Tibolone has tissue -selective estrogenic effects, with desirable effects in bone , the brain , and the vagina , and lack of undesirable action in the endometrium and breasts .  Its tissue selectivity is the result of metabolism , enzyme modulation (., of estrogen sulfatase and estrogen sulfotransferase ), and receptor modulation that vary in different target tissues, and differs mechanistically from that of selective estrogen receptor modulators (SERMs) such as tamoxifen , which produce their tissue selectivity via means of modulation of the ER.   As such, to distinguish it from SERMs, tibolone has been described as a "selective tissue estrogenic activity regulator" (STEAR),  and also as a "selective estrogen enzyme modulator" (SEEM). 
Risks also increase when combined with other drugs to reduce unwanted side effects .
Decaduro Before & After Pictures Lost 3% body fat ★ ★ ★ ★ ☆ Decreased body fat, increased muscle definition... I’ve seen amazing results in stamina, muscle definition and body fat. Michael A. VIEW REVIEW Lost 20 LB fat & gained muscle ★ ★ ★ ★ ★ I went from 260lbs to 240lbs. My strength definitely increased all around and was able to workout harder and longer. Joey B. VIEW REVIEW Gained 20 LB lean muscle ★ ★ ★ ☆ ☆ Its been a month since I started and I have gained 20 pounds and also went up in strength between 30-60 pounds. James P. VIEW REVIEW Gained 6 LB muscle mass ★ ★ ★ ★ ☆ Ive had a big increase in energy levels and recovery time. I also added about 6lb in muscle mass so far. Jim E. VIEW REVIEW
Stacking Nandrolone Decanoate Stacking or combining other drugs with nandrolone decanoate is a common practice among bodybuilders and athletes in order to enhance benefits or decrease side effects.

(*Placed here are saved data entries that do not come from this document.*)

-- ===== src/Edit/Names.antt =====
-- `split_filename`, `filename_exists` and `generate_unique_filename` of server/repo-op.c.
use seafile_server.Base.{
  ℕ, zero, suc, ◌+◌, ◌/◌, ◌%◌, ◌≡◌, Bool, true, false, ◌||◌, Option, none, some, List, [], ◌∷◌,
  ◌++◌, CString, codes, str_eq, ◌⊎◌, leb, if◌then◌else◌, arith,
}
use seafile_server.Fs.{Dirent}
use seafile_server.Merge.Conflict.{split_dot}

unfoldable pub filename_exists : List Dirent → CString → Bool
filename_exists [] filename = false
filename_exists (dent ∷ ds) filename = str_eq dent.name filename || filename_exists ds filename

-- What `%d` prints, for a number that is not negative: its digits, on a bound for their number.
unfoldable pub digits : ℕ → ℕ → CString → CString
digits zero n rest = rest
digits (suc more) n rest =
    let next = (b'0' + n % 10) ∷ rest in if leb n 9 then next else digits more (n / 10) next

abbrev pub decimal : ℕ → CString
decimal n = digits (suc n) n []

-- `name (i).ext`, or `name (i)`
abbrev pub numbered : Option (CString × CString) → CString → ℕ → CString
numbered (some (name, ext)) file i = name ++ (codes " (" ++ (decimal i ++ (codes ")." ++ ext)))
numbered none file i = file ++ (codes " (" ++ (decimal i ++ codes ")"))

abbrev pub duplicate_names_count : ℕ
duplicate_names_count = 1000

-- The `while` loop with `i` and `left` rounds to go, `i + left` being one more than the count. With
-- no round left the name is given up, although it may be free.
unfoldable pub try_names :
    ℕ → ℕ → List Dirent → Option (CString × CString) → CString → CString → Option CString
unfolding filename_exists digits
try_names zero i entries parts file unique_name = none
try_names (suc left) i entries parts file unique_name =
    let next = try_names left (suc i) entries parts file (numbered parts file i) in
    if filename_exists entries unique_name then next else some unique_name

unfoldable pub generate_unique_filename : CString → List Dirent → Option CString
unfolding try_names split_dot
generate_unique_filename file entries =
    try_names duplicate_names_count 1 entries (split_dot file) file file

try_names_fresh :
    (left i : ℕ) (entries : List Dirent) (parts : Option (CString × CString))
    (file unique_name name : CString)
    → try_names left i entries parts file unique_name ≡ some name
    → filename_exists entries name ≡ false
unfolding try_names
try_names_fresh zero i entries parts file unique_name name h = cc
try_names_fresh (suc left) i entries parts file unique_name name h =
    ground (arith, try_names_fresh left (suc i) entries parts file (numbered parts file i) name)

first_try :
    (left i : ℕ) (entries : List Dirent) (parts : Option (CString × CString)) (file name : CString)
    → try_names (suc left) i entries parts file file ≡ some name
    → (filename_exists entries file ≡ true) ⊎ (name ≡ file)
unfolding try_names
first_try left i entries parts file name h = ground arith

-- The name that is made for a new entry is the name of no entry, and it is the name asked for if
-- that is the name of none.
pub generate_unique_filename_fresh :
    (file : CString) (entries : List Dirent) {name : CString}
    → generate_unique_filename file entries ≡ some name
    → (filename_exists entries name ≡ false)
      × ((filename_exists entries file ≡ true) ⊎ (name ≡ file))
unfolding generate_unique_filename
generate_unique_filename_fresh file entries {name} h = (
  try_names_fresh duplicate_names_count 1 entries (split_dot file) file file name h,
  first_try 999 1 entries (split_dot file) file name h,
)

Antiestrogens like aromatase inhibitors (., anastrozole ) and selective estrogen receptor modulators (., tamoxifen , raloxifene ) can interfere with and prevent the estrogenic effects of nandrolone decanoate.  5α-Reductase inhibitors like finasteride and dutasteride can prevent the inactivation of nandrolone in so-called "androgenic" tissues like the skin , hair follicles , and prostate gland and may therefore considerably increase its androgenic side effects.  This is opposite to the case of most other AAS, which are either potentiated by 5α-reductase in such tissues or are not substrates of 5α-reductase.  Antiandrogens like cyproterone acetate , spironolactone , and bicalutamide can block both the anabolic and androgenic effects of AAS like nandrolone decanoate.